=== WHAT THE TASK REQUIRES ===
Nothing but the lines from the one containing "(λ _. parse_number-Gives)).at" through the one containing "Gives-option _ c", both included, should be given again, each exactly as written below.
BEGIN TASK INPUT
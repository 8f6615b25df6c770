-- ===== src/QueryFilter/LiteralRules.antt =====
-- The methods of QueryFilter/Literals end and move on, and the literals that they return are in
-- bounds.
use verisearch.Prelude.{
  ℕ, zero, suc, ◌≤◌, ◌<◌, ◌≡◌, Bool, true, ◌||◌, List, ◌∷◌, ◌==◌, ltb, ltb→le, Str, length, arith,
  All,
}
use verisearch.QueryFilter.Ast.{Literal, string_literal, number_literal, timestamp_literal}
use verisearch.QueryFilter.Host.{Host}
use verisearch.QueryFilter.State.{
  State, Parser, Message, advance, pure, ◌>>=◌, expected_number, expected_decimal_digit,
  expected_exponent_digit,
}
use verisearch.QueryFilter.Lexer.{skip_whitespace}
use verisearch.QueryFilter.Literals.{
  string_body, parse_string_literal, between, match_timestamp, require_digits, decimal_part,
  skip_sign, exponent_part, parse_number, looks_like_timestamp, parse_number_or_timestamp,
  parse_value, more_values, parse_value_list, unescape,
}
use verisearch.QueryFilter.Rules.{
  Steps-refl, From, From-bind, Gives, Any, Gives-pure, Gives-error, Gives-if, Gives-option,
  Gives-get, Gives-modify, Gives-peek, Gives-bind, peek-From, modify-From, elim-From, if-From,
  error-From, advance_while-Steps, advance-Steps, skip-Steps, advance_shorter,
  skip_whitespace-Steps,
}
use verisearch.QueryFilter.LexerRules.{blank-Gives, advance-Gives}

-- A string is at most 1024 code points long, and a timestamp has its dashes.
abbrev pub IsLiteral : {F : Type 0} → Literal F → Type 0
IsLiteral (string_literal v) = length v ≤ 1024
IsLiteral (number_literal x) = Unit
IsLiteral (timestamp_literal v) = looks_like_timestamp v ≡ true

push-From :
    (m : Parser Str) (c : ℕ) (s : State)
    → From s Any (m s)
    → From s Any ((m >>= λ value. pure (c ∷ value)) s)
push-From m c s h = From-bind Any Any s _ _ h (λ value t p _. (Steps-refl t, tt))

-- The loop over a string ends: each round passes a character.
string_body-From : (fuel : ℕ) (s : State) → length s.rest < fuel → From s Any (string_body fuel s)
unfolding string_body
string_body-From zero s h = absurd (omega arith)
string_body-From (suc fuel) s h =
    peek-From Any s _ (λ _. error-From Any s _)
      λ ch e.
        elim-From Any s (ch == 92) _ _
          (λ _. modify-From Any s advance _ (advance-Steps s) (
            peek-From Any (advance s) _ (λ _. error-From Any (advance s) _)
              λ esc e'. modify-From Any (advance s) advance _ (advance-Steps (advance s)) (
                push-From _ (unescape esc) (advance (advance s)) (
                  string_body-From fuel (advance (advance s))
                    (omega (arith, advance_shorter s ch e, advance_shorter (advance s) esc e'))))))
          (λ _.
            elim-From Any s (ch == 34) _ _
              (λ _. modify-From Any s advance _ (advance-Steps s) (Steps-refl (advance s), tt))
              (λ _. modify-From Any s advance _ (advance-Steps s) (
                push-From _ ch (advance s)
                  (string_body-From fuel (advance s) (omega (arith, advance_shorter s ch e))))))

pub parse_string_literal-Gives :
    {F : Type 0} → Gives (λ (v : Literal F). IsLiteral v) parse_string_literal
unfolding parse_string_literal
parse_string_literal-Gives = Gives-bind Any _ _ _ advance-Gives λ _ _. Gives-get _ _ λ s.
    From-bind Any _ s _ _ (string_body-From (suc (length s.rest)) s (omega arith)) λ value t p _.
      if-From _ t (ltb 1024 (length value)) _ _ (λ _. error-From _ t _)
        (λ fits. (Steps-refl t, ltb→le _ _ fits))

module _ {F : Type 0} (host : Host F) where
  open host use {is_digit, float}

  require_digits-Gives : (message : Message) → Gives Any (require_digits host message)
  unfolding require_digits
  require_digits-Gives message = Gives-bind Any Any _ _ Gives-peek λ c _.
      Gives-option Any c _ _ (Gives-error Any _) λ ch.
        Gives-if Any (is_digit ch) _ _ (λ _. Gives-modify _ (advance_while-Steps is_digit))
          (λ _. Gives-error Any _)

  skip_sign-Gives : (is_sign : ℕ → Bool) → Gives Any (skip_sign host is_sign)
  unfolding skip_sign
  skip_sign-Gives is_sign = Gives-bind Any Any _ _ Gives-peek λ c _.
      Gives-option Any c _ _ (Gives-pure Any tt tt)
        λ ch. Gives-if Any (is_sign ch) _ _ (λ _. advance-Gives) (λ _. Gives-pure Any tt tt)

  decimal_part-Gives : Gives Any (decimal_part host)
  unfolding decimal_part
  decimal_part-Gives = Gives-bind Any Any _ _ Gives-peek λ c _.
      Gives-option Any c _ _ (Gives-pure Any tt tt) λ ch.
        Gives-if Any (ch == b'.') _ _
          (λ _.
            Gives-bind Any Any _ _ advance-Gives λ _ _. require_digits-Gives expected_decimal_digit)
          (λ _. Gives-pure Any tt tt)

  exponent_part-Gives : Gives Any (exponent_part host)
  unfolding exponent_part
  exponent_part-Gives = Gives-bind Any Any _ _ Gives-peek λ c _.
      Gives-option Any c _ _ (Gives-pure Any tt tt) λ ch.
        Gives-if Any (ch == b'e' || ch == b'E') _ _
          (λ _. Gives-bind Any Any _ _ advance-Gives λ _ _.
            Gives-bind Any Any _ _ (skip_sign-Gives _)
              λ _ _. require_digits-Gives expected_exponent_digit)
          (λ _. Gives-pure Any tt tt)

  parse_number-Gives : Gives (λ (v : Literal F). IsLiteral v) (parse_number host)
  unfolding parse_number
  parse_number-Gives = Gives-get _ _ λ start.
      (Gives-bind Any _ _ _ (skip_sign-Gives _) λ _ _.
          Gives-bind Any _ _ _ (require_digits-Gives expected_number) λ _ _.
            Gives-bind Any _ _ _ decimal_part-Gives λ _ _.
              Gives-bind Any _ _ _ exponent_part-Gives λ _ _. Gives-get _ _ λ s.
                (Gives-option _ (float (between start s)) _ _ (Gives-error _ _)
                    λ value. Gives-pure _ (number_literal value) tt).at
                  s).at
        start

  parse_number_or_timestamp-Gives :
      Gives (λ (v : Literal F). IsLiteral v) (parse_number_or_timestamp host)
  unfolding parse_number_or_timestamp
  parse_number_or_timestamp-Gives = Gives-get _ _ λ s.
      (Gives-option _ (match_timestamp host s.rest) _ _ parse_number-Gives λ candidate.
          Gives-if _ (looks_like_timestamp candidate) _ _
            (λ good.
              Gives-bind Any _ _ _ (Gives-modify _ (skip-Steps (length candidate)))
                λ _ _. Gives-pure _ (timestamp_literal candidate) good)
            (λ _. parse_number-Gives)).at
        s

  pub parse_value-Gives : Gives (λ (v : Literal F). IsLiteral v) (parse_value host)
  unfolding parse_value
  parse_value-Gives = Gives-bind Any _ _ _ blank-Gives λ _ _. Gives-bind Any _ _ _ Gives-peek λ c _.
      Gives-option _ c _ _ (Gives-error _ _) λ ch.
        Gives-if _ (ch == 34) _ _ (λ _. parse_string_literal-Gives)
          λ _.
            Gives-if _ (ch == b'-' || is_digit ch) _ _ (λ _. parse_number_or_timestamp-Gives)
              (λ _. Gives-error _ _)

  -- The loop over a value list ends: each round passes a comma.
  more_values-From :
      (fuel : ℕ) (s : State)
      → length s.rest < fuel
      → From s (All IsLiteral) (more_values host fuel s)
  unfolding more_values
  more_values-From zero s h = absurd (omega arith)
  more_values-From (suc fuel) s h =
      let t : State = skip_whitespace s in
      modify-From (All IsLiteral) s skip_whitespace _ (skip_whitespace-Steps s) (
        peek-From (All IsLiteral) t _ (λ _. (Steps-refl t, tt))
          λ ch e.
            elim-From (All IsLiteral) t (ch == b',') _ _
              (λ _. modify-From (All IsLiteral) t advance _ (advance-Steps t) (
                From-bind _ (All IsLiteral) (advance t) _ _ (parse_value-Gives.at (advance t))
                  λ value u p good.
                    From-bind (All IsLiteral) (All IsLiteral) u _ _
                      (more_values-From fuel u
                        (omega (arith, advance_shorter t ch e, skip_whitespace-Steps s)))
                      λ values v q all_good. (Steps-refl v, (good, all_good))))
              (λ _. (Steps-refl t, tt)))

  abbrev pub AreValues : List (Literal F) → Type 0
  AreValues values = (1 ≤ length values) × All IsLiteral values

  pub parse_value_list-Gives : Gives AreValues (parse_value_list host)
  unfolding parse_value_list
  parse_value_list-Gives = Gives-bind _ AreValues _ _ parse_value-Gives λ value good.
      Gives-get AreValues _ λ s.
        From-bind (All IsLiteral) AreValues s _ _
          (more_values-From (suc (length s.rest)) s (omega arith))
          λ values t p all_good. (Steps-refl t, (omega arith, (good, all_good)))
END TASK INPUT
=== SOLUTION FOR THIS TASK ===
            (λ _. parse_number-Gives)).at
        s

  pub parse_value-Gives : Gives (λ (v : Literal F). IsLiteral v) (parse_value host)
  unfolding parse_value
  parse_value-Gives = Gives-bind Any _ _ _ blank-Gives λ _ _. Gives-bind Any _ _ _ Gives-peek λ c _.
      Gives-option _ c _ _ (Gives-error _ _) λ ch.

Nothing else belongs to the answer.